DJ Colin Bell, Hard House Classics—Vinyl-Only Mix (January 14)
I heard this via a reposting by History of Happy Hardcore, whose SoundCloud I’ve followed for years but have only occasionally followed through on, listening-wise—my cut-off is 1995, as I’ve elucidated elsewhere. And while a couple of tracks on this set have some crossover with HoHH’s usual selections, it’s not proto-, primo, or post-jungle at all. (Though their undeniable root commonality did occasionally pop up, as those selections show.) Not only was hard house its own chugging, grinding, foursquare, Brit-cum-Euro stylistic strain, it was largely forgotten until fairly recently. I wouldn’t say DJ Heartstring’s Essential Mix or, even better, DJ Fuckoff b2b Narciss at Berlin’s Whole Festival were necessarily dropping hard house tracks, but that was the effect much of the time in the cases of both—same with some of the HydeFM sets I checked last month—so when HoHH put this set from the Glaswegian DJ Colin Bell set onto my feed, I lunged.

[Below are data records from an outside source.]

-- ===== src/Outbox/Budget.antt =====
-- The operations of the outbox, and the accounts.
use elmybot.Base.{
  ℕ, suc, ◌+◌, ◌*◌, ◌≤◌, ◌≡◌, refl, sym, ap, subst, ◌∙◌, String, inl, inr, Bool, true, false, not,
  ◌&&◌, ◌||◌, [], ◌∷◌, ◌++◌, Option, none, some, is_some, ok, ◌>>=◌, throw_if, arith, Option-cases,
  bind-elim, bind-ok, ok-value, throw_if-passed, ◌>>◌, length, length-append, ltb, leb,
  if◌then◌else◌, Result,
}
use elmybot.Sql.{find, any_row, has_key, update-Distinct, insert-Distinct, any_row-find}
use elmybot.Outbox.Types.{
  rate_limited, partition_capacity, outbox_capacity, stream_blocked, sequence_exhausted,
  duplicate_operation, OutboxBudget, SourceStream, Outbox, Intent, Correlation,
}
use elmybot.Outbox.Admission.{
  max_rows, max_bytes, max_partitions, partition_key, operation_id, route_id, record_sequence,
  allocate_sequence, next_turn, open_stream, is_woken, woken, note_interest, new_row, insert_intent,
  enqueue, new_stream, admissions_per_second, max_safe_integer, recent_admissions, stored_sequence,
  is_blocked,
}
use elmybot.Outbox.Accounts.{
  RowsValid, PartitionsValid, IsAccounted, length-update, total_bytes-update, total_bytes-append,
  Queue-update, Queue-append, length-upsert,
}

throw_if-ok {ℓ κ} :
    {E : Type ℓ} {B : Type κ} (b : Bool) (e : E) (m : Result E B) (r : B)
    → throw_if b e >>= (λ _. m) ≡ ok r
    → (b ≡ false) × (m ≡ ok r)
throw_if-ok true e m r h = absurd (cc h)
throw_if-ok false e m r h = (refl, h)

ok-second {ℓ κ μ} :
    {E : Type ℓ} {A : Type κ} {B : Type μ} {a c : A} {b d : B}
    → Path (Result E (A × B)) (ok (a, b)) (ok (c, d))
    → b ≡ d
ok-second h = cc h

is_some-false {ℓ} : {A : Type ℓ} (o : Option A) → is_some o ≡ false → o ≡ none
is_some-false none h = refl
is_some-false (some x) h = absurd (cc h)

record_sequence-IsAccounted :
    (feature token : String) (sequence now : ℕ) (s : Outbox)
    → IsAccounted s
    → not (is_some (find partition_key feature s.partitions))
        && leb max_partitions s.budget.partitions
      ≡ false
    → IsAccounted (
        record_sequence feature token sequence now
          (is_some (find partition_key feature s.partitions))
          s)
unfolding IsAccounted RowsValid PartitionsValid record_sequence
record_sequence-IsAccounted feature token sequence now s v room = (
  v.0,
  (
    rw
        (length-upsert feature (λ p. record p { operation_sequence = sequence })
          (record { partition_key = feature; scope_token = token; operation_sequence = sequence })
          s.partitions)
        (ap (λ n. n + (if is_some (find partition_key feature s.partitions) then 0 else 1)) v.1.0),
    ground (arith, room, v.1.1),
  ),
  v.2,
)

pub allocate_sequence-IsAccounted :
    (feature candidate : String) (now : ℕ) (s : Outbox) (c : Correlation) (s' : Outbox)
    → IsAccounted s
    → allocate_sequence feature candidate now s ≡ ok (c, s')
    → IsAccounted s'
unfolding allocate_sequence
allocate_sequence-IsAccounted feature candidate now s c s' v h =
    let partition = find partition_key feature s.partitions in
    let rate =
      throw_if (leb admissions_per_second (length (recent_admissions now s.budget.rate)))
        rate_limited in
    let full =
      throw_if (not (is_some partition) && leb max_partitions s.budget.partitions)
        partition_capacity in
    let exhausted =
      throw_if (ltb max_safe_integer (suc (stored_sequence feature s.partitions)))
        sequence_exhausted in
    let (_, tests, h) = bind-ok (rate >> full >> exhausted) _ (c, s') h in
    let (_, tests, _) = bind-ok (rate >> full) _ _ tests in
    let (_, _, room) = bind-ok rate _ _ tests in
    subst IsAccounted (ok-second h)
      (record_sequence-IsAccounted feature _ _ now s v (throw_if-passed _ _ _ room))

open_stream-keeps :
    (route : String) (s : Outbox) (stream : SourceStream) (s' : Outbox)
    → IsAccounted s
    → open_stream route s ≡ ok (stream, s')
    → IsAccounted s' × (s'.budget ≡ s.budget)
unfolding open_stream IsAccounted
open_stream-keeps route s stream s' v h = elim (Option-cases (find route_id route s.streams)) [
  | inr (known, hit) ↦
      let h = rw (open_stream, hit) at h in
      let (_, h) = throw_if-ok (is_blocked known) stream_blocked _ _ h in
      let same : s ≡ s' = ok-second h in
      (subst IsAccounted same v, ap (λ (k : Outbox). k.budget) (sym same))
  | inl miss ↦
      let h = rw (open_stream, miss) at h in
      let (room, h) =
        throw_if-ok (leb max_partitions (length s.streams)) partition_capacity _ _ h in
      let same : record s { streams = s.streams ++ new_stream route ∷ [] } ≡ s' = ok-second h in
      (
        subst IsAccounted same
            (v.0, v.1, rw (length-append s.streams (new_stream route ∷ [])) (ground (arith, room))),
        ap (λ (k : Outbox). k.budget) (sym same),
      )
]

note_interest-IsAccounted :
    (intent : Intent) (s : Outbox) → IsAccounted s → IsAccounted (note_interest intent s)
unfolding note_interest IsAccounted RowsValid woken
note_interest-IsAccounted intent s ((n, b, few, small, d, q), ps, ss) = (
  (
    rw (length-update (is_woken intent) (woken intent) s.rows) n,
    rw (total_bytes-update (is_woken intent) (woken intent) (λ x. refl) s.rows) b,
    few,
    small,
    update-Distinct operation_id (is_woken intent) (woken intent) (λ x. refl) s.rows d,
    Queue-update s.schedule.turn (is_woken intent) (woken intent) (λ x. refl) s.rows q,
  ),
  ps,
  rw (length-update (has_key route_id intent.stream_route_id) _ s.streams) ss,
)

-- What the admission tests of the budget.
HasRoom : Intent → OutboxBudget → Type 0
HasRoom intent budget =
    (suc budget.rows ≤ max_rows)
    × (budget.bytes + intent.json_bytes + suc budget.rows * 512 ≤ max_bytes)

insert_intent-IsAccounted :
    (intent : Intent) (streak : ℕ) (s s' : Outbox)
    → IsAccounted s
    → HasRoom intent s.budget
    → insert_intent intent
        (suc s.schedule.turn)
        (record s { schedule = record { turn = suc s.schedule.turn; publication_streak = streak } })
      ≡ ok s'
    → IsAccounted s'
unfolding insert_intent IsAccounted RowsValid PartitionsValid new_row HasRoom
insert_intent-IsAccounted intent streak s s' ((n, b, few, small, d, q), ps, ss) room h =
    let (new, h) =
      throw_if-ok (any_row (has_key operation_id intent.operation_id) s.rows) duplicate_operation _
        _ h in
    let row = new_row intent (suc s.schedule.turn) in
    let unknown : find operation_id intent.operation_id s.rows ≡ none =
      is_some-false _ (sym (any_row-find operation_id intent.operation_id s.rows) ∙ new) in
    subst IsAccounted (ok-value h) (
      (
        rw (length-append s.rows (row ∷ [])) (omega (arith, n)),
        rw (total_bytes-append s.rows row) (ap (λ k. k + intent.json_bytes) b),
        room.0,
        room.1,
        insert-Distinct operation_id s.rows row d unknown,
        Queue-append s.schedule.turn s.rows row q refl,
      ),
      ps,
      ss,
    )

room_of :
    (intent : Intent) (s : Outbox)
    → leb max_rows s.budget.rows
        || ltb max_bytes (s.budget.bytes + intent.json_bytes + suc s.budget.rows * 512)
      ≡ false
    → HasRoom intent s.budget
unfolding HasRoom
room_of intent s h = (ground (arith, h), ground (arith, h))

pub enqueue-IsAccounted :
    (intent : Intent) (s s' : Outbox) → IsAccounted s → enqueue intent s ≡ ok s' → IsAccounted s'
unfolding enqueue next_turn note_interest
enqueue-IsAccounted intent s s' v h =
    let full =
      throw_if
        (leb max_rows s.budget.rows
          || ltb max_bytes (s.budget.bytes + intent.json_bytes + suc s.budget.rows * 512))
        outbox_capacity in
    bind-elim (full >> open_stream intent.stream_route_id s) _ s' h (λ (stream, s1) opening h.
      let (_, room, opened) = bind-ok full _ _ opening in
      let (v1, same) = open_stream-keeps intent.stream_route_id s stream s1 v opened in
      let s2 = note_interest intent s1 in
      let exhausted =
        throw_if (ltb max_safe_integer (suc stream.interest_epoch)) sequence_exhausted in
      bind-elim (exhausted >> next_turn none s2) _ s' h (λ (turn, s3) turning h.
        let (_, _, given) = bind-ok exhausted _ _ turning in
        let (_, given) =
          throw_if-ok (ltb max_safe_integer (suc s2.schedule.turn)) sequence_exhausted _ _ given in
        insert_intent-IsAccounted intent s2.schedule.publication_streak s2 s'
          (note_interest-IsAccounted intent s1 v1)
          (subst (HasRoom intent) (sym same) (room_of intent s (throw_if-passed _ _ _ room)))
          (subst (λ (k : ℕ × Outbox). insert_intent intent k.0 k.1 ≡ ok s') (sym (ok-value given))
            h)))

In the September 2000 issue of Muzik, Billy ‘Daniel’ Bunter said: “I was being called a trancecore DJ as I broke away from happy hardcore. The music was then around the 160-165 BPM mark, but was being played at Trade and Sunnyside Up, as well as me playing it at Helter Skelter and Dreamscape. By 1998, all my sets at hardcore raves and clubs were hard house.”
That’s the effect here. You like cheap-n-cheerful? This draws spades on that for over 90 minutes. It’s whiter than the fucking snow, so clearly your mileage may vary. But it can also be silly fun in the right frame of mind—a frame the music offers freely. Its tinniness can needle but it can also thrill, like, say, being on ketamine as the world is ending.
Devnull, BTTO Radio: ’92 Special (Blog to the Old Skool, January 14)
Obviously, early nineties UK hardcore > drum & bass is holy writ around these parts. It’s true that I’m no 12-inch collector, not even digitally (not even as a DJ—which, by the way, I’m doing next week in St. Paul, heads up), but I’ve listened to plenty of mixes from this period, and I can safely say that I cannot recall encountering any of these selections before. When Pete Devnull calls something a rarity, it really is one. The set is perfectly of that time, needless to say—blithering, blissful, swift, a buzzing wire that jolts to the touch. Crowning touch: hyperspeed loop of the title phrase from the immortal “Work That Mutha Fucka.”
DJ Disciple, Michael Watford—The Voice to Hear: Dedication Mix (January 27)
As with Soul Summit, the sound of differently-aged vinyl and/or rips is part of the draw—it’s what we hear a DJ playing, not just the music but the condition of the pressings or files. When you see Willie Nelson, you expect him to play the guitar with the hole he’s worn into it; it’s similar to that. Disciple’s tribute gives us a broad overview of the vocalist Watford’s career. He doesn’t include my favorite-ever Watford track, “Reach on Up (Tuff Jam Garage Mix),” which features one of the most indelible lyric readings ever—“Keep on ripping,” curved upward, a wink and a plié; it runs through my mind nearly every day—but he doesn’t have to.